My regimen was not perfect, but by the time I landed at Caesarea I felt I had become, if not expert, adequate to the emperor’s task. I purchased three donkeys and spent the day loading them with provisions, then joined a caravan for Jerusalem. Once we reached the city, still in ruins from the Persian occupation, I stopped only to take a meal. Let it be finished, I thought, and that night I hired a guide and set out for the desert.

I ARRIVED AT THE Monastery of the Five Holy Martyrs at noon the next day. The monastery, a collection of paths and caves and small stone buildings, lay scattered along the side of a dry ravine, and as soon as I rounded the last bend, a monk came running down from its tower. He intercepted me and introduced himself as Brother Sergios. He was young, just out of boyhood — his blond eyes and smooth skin would have caused a stir in the baths — and it was his task, he told me, to aid visitors.

“Where do you come from?” he asked, turning around and walking backward to face me. He had taken the donkeys in hand and was leading me toward the guesthouse, which stood, beneath the rest of the monastery, on a ledge overlooking the ravine’s dry bottom.

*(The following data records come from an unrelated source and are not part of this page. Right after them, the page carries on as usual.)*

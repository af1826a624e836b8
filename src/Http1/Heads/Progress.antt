-- ===== src/Http1/Heads/Progress.antt =====
-- What reading a head takes from the stream.
use decrypt0r_x.Prelude.{
  ℕ, zero, suc, ◌<◌, ◌≡◌, ap, List, [], ◌∷◌, ◌++◌, Option, none, some, ◌⊎◌, inl, inr, length,
  length-append, arith,
}
use decrypt0r_x.Text.{Text}
use decrypt0r_x.Result.{Result, ok, >>=-eq-ok, ok-injective}
use decrypt0r_x.Http1.Stream.{Reader, readline}
use decrypt0r_x.Http1.Stream.Laws.{readline_split}
use decrypt0r_x.Http1.Heads.{
  RequestHead, Round, finished, again, end_round, head_round, head_lines, read_head_lines,
  parse_request, read_request_head,
}

-- a head without lines, or at least one byte
abbrev Takes : Reader → List Text → Reader → Type 0
Takes r ls r' = (ls ≡ []) ⊎ (length r'.rest < length r.rest)

head_lines-Takes :
    (fuel : ℕ) (lines : List Text) (total : ℕ) (r : Reader) (ls : List Text) (r' : Reader)
    → head_lines fuel lines total r ≡ ok (ls, r')
    → Takes r ls r'
unfolding head_lines
head_lines-Takes zero lines total r ls r' h = cc
head_lines-Takes (suc fuel) lines total r ls r' h =
    let ((line, reader), got, e) = >>=-eq-ok (readline r) _ h in
    let (round, rounded, e') = >>=-eq-ok (head_round lines total line) _ e in
    go line reader round (readline_split r line reader got) rounded e' (head_lines-Takes fuel)
  where
    ended :
        (lines ms : List Text) (reader : Reader)
        → end_round lines ≡ ok (finished ms)
        → ◌≡◌ {A = Result (List Text × Reader)} (ok (ms, reader)) (ok (ls, r'))
        → Takes r ls r'
    ended [] ms reader h e = inl (ground arith)
    ended (l ∷ lines) ms reader h e = cc

    never : (lines ms : List Text) (n : ℕ) → end_round lines ≡ ok (again ms n) → ⊥
    never [] ms n h = cc
    never (l ∷ lines) ms n h = cc

    onward :
        (c : ℕ) (line : Text) (reader : Reader)
        → r.rest ≡ (c ∷ line) ++ reader.rest
        → Takes reader ls r'
        → Takes r ls r'
    onward c line reader split (inl e) = inl e
    onward c line reader split (inr less) =
        inr (omega (arith, ap length split, length-append (c ∷ line) reader.rest))

    go :
        (line : Text) (reader : Reader) (round : Round)
        → r.rest ≡ line ++ reader.rest
        → head_round lines total line ≡ ok round
        → ◌≡◌ {A = Result (List Text × Reader)}
            (elim round [
              | finished ms ↦ ok (ms, reader)
              | again ms n ↦ head_lines fuel ms n reader
            ])
            (ok (ls, r'))
        → ((ms : List Text) (n : ℕ) (t : Reader) (ks : List Text) (t' : Reader)
            → head_lines fuel ms n t ≡ ok (ks, t')
            → Takes t ks t')
        → Takes r ls r'
    go [] reader (finished ms) split rounded e ih =
        ended lines ms reader (unfold head_round in rounded) e
    go (c ∷ line) reader (finished ms) split rounded e ih =
        let same : reader ≡ r' = ap (λ p. p.1) (ok-injective e) in
        inr (
          omega (
            arith,
            ap length split,
            length-append (c ∷ line) reader.rest,
            ap (λ (x : Reader). length x.rest) same,
          ))
    go [] reader (again ms n) split rounded e ih =
        absurd (never lines ms n (unfold head_round in rounded))
    go (c ∷ line) reader (again ms n) split rounded e ih =
        onward c line reader split (ih ms n reader ls r' e)

-- A head that is read takes at least one byte.
pub read_request_head-takes :
    (r r' : Reader) (head : RequestHead)
    → read_request_head r ≡ ok (some head, r')
    → length r'.rest < length r.rest
unfolding read_request_head read_head_lines
read_request_head-takes r r' head h =
    let ((ls, reader), lines, e) = >>=-eq-ok (read_head_lines r) _ h in
    let (o, parsed, e') = >>=-eq-ok (parse_request ls) _ e in
    let same : reader ≡ r' = ap (λ p. p.1) (ok-injective e') in
    let headed : o ≡ some head = ap (λ p. p.0) (ok-injective e') in
    rw (← same)
      (go ls reader o parsed headed (head_lines-Takes (suc (length r.rest)) [] 0 r ls reader lines))
  where
    go :
        (ls : List Text) (reader : Reader) (o : Option RequestHead)
        → parse_request ls ≡ ok o
        → o ≡ some head
        → Takes r ls reader
        → length reader.rest < length r.rest
    go ls reader o parsed headed (inr less) = less
    go [] reader o parsed headed (inl e) =
        let nothing : ok none ≡ ok o = unfold parse_request in parsed in cc
    go (l ∷ ls) reader o parsed headed (inl e) = cc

“Constantinople,” I answered.

“The capital,” he said, releasing the two words with a wondered hush. “We don’t get many visitors from the capital. The higoumen says it is a pit of devils.”

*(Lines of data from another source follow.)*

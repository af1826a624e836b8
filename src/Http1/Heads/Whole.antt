-- ===== src/Http1/Heads/Whole.antt =====
-- The lines of a head, of a request or of a response, read back from its text.
use decrypt0r_x.Prelude.{
  ℕ, ◌+◌, ◌≤◌, ◌≡◌, ◌∙◌, true, false, List, [], ◌∷◌, ◌++◌, map, append_assoc, arith, length,
  length-append, ◌==◌,
}
use decrypt0r_x.Text.{Text}
use decrypt0r_x.Result.{ok}
use decrypt0r_x.Http1.Headers.{crlf, serialize_items}
use decrypt0r_x.Http1.Heads.{request_line, again, head_round, head_lines, read_head_lines}
use decrypt0r_x.Http1.Heads.Lines.{absent, absent-append, readline-crlf, is_solid, strip-is_solid}
use decrypt0r_x.Http1.Heads.Items.{
  AllItems, item_line, rest_of, head_round-line, length-serialize, head_lines-items,
}

-- the text of a head with this first line
abbrev pub head_text : Text → List (Text × Text) → Text
head_text line items = (line ++ crlf) ++ serialize_items items ++ crlf

pub request_line-absent :
    (c : ℕ) (m t v : Text)
    → (32 == c) ≡ false
    → absent c m ≡ true
    → absent c t ≡ true
    → absent c v ≡ true
    → absent c (request_line m t v) ≡ true
request_line-absent c m t v blank a b d =
    rw (absent-append c m (32 ∷ (t ++ 32 ∷ v)), absent-append c t (32 ∷ v), a, b, d, blank)

pub is_solid-append : (t u : Text) → is_solid t ≡ true → is_solid (t ++ u) ≡ true
is_solid-append [] u h = cc
is_solid-append (c ∷ t) u h = h

length-items-le : (items : List (Text × Text)) → length items ≤ length (serialize_items items)
length-items-le [] = omega arith
length-items-le ((key, value) ∷ items) =
    omega (arith, length-items-le items, length-serialize key value items)

wire_of :
    (line : Text) (items : List (Text × Text)) (tail : Text)
    → head_text line items ++ tail ≡ line ++ 13 ∷ 10 ∷ rest_of items tail
wire_of line items tail =
    append_assoc (line ++ crlf ++ serialize_items items) crlf tail
    ∙ append_assoc (line ++ crlf) (serialize_items items) (crlf ++ tail)
    ∙ append_assoc line crlf (rest_of items tail)

length-head_text :
    (line : Text) (items : List (Text × Text))
    → length (head_text line items) ≡ length line + 2 + length (serialize_items items) + 2
length-head_text line items = ground (
  arith,
  length-append (line ++ crlf ++ serialize_items items) crlf,
  length-append (line ++ crlf) (serialize_items items),
  length-append line crlf,
)

pub length-request_line :
    (m t v : Text) → length (request_line m t v) ≡ length m + length t + length v + 2
length-request_line m t v =
    ground (arith, length-append m (32 ∷ (t ++ 32 ∷ v)), length-append t (32 ∷ v))

solid-long : (t : Text) → is_solid t ≡ true → 1 ≤ length t
solid-long [] h = cc
solid-long (c ∷ t) h = omega arith

-- a first line that is not blank and has no line feed, and headers within the limits
module _ (line : Text) (items : List (Text × Text)) (lineless : absent 10 line ≡ true)
    (solid : is_solid line ≡ true) (all : AllItems items) (count : length items ≤ 199)
    (size : length (head_text line items) ≤ 65536) where
  first_round :
      head_round [] 0 (line ++ crlf) ≡ ok (again ((line ++ crlf) ∷ []) (0 + length (line ++ crlf)))
  first_round =
      head_round-line [] 0 (line ++ crlf)
        (omega (arith, length-append line crlf, solid-long line solid))
        (omega (arith, length-append line crlf, length-head_text line items)) (omega arith)
        (strip-is_solid (line ++ crlf) (is_solid-append line crlf solid))

  pub read_head_lines-text :
      (tail : Text) (sizes : List ℕ)
      → read_head_lines (record { rest = head_text line items ++ tail; sizes = sizes })
        ≡ ok ((line ++ crlf) ∷ map item_line items, record { rest = tail; sizes = sizes })
  unfolding read_head_lines head_lines
  read_head_lines-text tail sizes =
      rw
        (
          wire_of line items tail,
          readline-crlf line (rest_of items tail) sizes lineless
              (omega (arith, length-head_text line items)),
          first_round,
        )
        (head_lines-items _ items (line ++ crlf) [] (0 + length (line ++ crlf)) tail sizes all
          (omega (
            arith,
            length-items-le items,
            length-append (head_text line items) tail,
            length-head_text line items,
          ))
          (omega arith) (omega (arith, length-append line crlf, length-head_text line items)))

“That may well be so,” I said. Brother Sergios laughed, then tied up the donkeys and showed me into the guesthouse. I had to stifle my revulsion. The guesthouse was a long, low edifice of stone and mud. In its one large room men slept like hogs, one against the other, while others talked as they ate a sorrowful-looking gruel and played a game with stone pegs. Brother Sergios told me they were a party of farmers, come to pray for their crops, and that the others included a rug merchant and his daughter from Jericho — come to be near Theodosios — and two water sellers from Bethel, who were waiting for one of the monks, a Brother Alexander, to settle a dispute between them.